• RECORDED DATA:
-.-.-

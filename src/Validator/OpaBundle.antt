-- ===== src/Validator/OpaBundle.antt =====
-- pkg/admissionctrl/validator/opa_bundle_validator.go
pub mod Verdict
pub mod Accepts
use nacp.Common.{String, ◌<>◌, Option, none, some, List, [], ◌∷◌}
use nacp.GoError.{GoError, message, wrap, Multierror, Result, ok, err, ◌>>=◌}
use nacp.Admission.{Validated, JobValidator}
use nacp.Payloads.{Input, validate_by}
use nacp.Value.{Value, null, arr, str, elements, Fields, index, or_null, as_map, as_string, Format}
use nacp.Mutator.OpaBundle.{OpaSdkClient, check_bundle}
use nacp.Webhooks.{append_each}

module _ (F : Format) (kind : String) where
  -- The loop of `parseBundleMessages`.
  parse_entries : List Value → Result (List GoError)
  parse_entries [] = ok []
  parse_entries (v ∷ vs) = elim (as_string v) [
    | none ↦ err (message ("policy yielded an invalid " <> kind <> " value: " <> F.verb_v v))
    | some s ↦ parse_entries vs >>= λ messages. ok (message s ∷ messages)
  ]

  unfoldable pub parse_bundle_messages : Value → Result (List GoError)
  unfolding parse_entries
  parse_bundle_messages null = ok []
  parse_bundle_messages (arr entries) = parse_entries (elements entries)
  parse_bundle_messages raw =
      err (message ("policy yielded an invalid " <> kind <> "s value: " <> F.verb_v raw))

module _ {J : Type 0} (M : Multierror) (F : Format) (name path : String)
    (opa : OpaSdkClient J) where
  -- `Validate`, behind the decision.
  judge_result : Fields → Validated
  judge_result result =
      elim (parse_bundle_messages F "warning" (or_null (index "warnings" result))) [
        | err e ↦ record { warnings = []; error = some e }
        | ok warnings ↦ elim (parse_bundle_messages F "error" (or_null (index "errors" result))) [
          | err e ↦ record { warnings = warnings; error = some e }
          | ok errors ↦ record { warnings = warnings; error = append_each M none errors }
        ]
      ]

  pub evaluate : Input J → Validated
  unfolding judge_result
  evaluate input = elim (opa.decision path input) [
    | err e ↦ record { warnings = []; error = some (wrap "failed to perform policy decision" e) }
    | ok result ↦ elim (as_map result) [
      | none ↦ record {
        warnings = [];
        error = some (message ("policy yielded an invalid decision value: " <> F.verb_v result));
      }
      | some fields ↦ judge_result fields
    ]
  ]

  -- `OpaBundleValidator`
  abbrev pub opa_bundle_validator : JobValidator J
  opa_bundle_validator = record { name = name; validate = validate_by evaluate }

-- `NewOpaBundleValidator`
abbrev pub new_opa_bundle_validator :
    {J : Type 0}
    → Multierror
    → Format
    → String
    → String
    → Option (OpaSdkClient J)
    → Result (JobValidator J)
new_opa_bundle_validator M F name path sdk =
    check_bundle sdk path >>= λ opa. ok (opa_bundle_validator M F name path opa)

-.-.-

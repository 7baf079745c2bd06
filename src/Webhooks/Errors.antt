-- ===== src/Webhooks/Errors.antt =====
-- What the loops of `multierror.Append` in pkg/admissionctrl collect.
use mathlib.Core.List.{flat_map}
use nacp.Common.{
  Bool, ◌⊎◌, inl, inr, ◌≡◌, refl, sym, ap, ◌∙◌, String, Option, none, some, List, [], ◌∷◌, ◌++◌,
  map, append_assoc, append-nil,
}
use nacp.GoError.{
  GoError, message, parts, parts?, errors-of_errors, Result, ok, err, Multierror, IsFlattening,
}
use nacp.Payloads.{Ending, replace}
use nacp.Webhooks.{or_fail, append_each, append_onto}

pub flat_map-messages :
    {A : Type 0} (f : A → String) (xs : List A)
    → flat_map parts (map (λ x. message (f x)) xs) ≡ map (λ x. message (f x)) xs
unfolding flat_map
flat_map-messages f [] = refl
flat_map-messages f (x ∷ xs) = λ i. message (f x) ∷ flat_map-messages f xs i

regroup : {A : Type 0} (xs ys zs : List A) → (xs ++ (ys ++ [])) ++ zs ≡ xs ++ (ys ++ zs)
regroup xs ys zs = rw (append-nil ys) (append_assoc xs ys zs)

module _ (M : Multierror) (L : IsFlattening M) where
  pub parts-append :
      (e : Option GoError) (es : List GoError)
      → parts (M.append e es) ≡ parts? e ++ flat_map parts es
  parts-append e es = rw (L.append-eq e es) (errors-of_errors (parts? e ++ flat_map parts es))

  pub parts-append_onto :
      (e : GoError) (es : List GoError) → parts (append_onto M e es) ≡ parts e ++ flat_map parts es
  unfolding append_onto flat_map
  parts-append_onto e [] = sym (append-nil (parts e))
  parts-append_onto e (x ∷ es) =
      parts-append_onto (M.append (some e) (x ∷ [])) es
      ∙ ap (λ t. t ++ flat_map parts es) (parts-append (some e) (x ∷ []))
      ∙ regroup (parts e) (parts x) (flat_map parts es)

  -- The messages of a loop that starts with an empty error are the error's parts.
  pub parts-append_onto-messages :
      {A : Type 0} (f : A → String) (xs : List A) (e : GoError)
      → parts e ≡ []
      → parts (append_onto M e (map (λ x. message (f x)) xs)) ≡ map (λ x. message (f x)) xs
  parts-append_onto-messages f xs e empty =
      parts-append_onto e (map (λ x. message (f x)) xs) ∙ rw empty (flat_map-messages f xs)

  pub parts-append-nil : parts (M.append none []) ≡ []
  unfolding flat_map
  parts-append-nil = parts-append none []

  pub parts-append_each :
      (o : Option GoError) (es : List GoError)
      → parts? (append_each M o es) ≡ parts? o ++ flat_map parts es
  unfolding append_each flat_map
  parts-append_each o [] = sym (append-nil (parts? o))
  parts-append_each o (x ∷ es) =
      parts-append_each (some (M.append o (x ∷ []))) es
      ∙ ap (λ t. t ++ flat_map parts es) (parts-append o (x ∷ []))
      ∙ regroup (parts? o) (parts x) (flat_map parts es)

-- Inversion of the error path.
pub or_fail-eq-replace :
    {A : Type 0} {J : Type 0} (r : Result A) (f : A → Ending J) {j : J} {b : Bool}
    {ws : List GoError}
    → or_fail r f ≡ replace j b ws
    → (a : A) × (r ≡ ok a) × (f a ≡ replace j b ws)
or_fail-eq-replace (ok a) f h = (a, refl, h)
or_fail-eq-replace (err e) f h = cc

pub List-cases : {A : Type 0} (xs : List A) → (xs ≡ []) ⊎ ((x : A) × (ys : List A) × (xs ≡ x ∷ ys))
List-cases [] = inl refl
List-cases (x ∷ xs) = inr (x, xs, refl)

-.-.-

The required answer is the exact run of lines above starting at the line with "parts-append_each o []" and ending at the line with "List-cases (x ∷ xs) = inr (x, xs, refl)", with both ends present.

  parts-append_each o [] = sym (append-nil (parts? o))
  parts-append_each o (x ∷ es) =
      parts-append_each (some (M.append o (x ∷ []))) es
      ∙ ap (λ t. t ++ flat_map parts es) (parts-append o (x ∷ []))
      ∙ regroup (parts? o) (parts x) (flat_map parts es)

-- Inversion of the error path.
pub or_fail-eq-replace :
    {A : Type 0} {J : Type 0} (r : Result A) (f : A → Ending J) {j : J} {b : Bool}
    {ws : List GoError}
    → or_fail r f ≡ replace j b ws
    → (a : A) × (r ≡ ok a) × (f a ≡ replace j b ws)
or_fail-eq-replace (ok a) f h = (a, refl, h)
or_fail-eq-replace (err e) f h = cc

pub List-cases : {A : Type 0} (xs : List A) → (xs ≡ []) ⊎ ((x : A) × (ys : List A) × (xs ≡ x ∷ ys))
List-cases [] = inl refl
List-cases (x ∷ xs) = inr (x, xs, refl)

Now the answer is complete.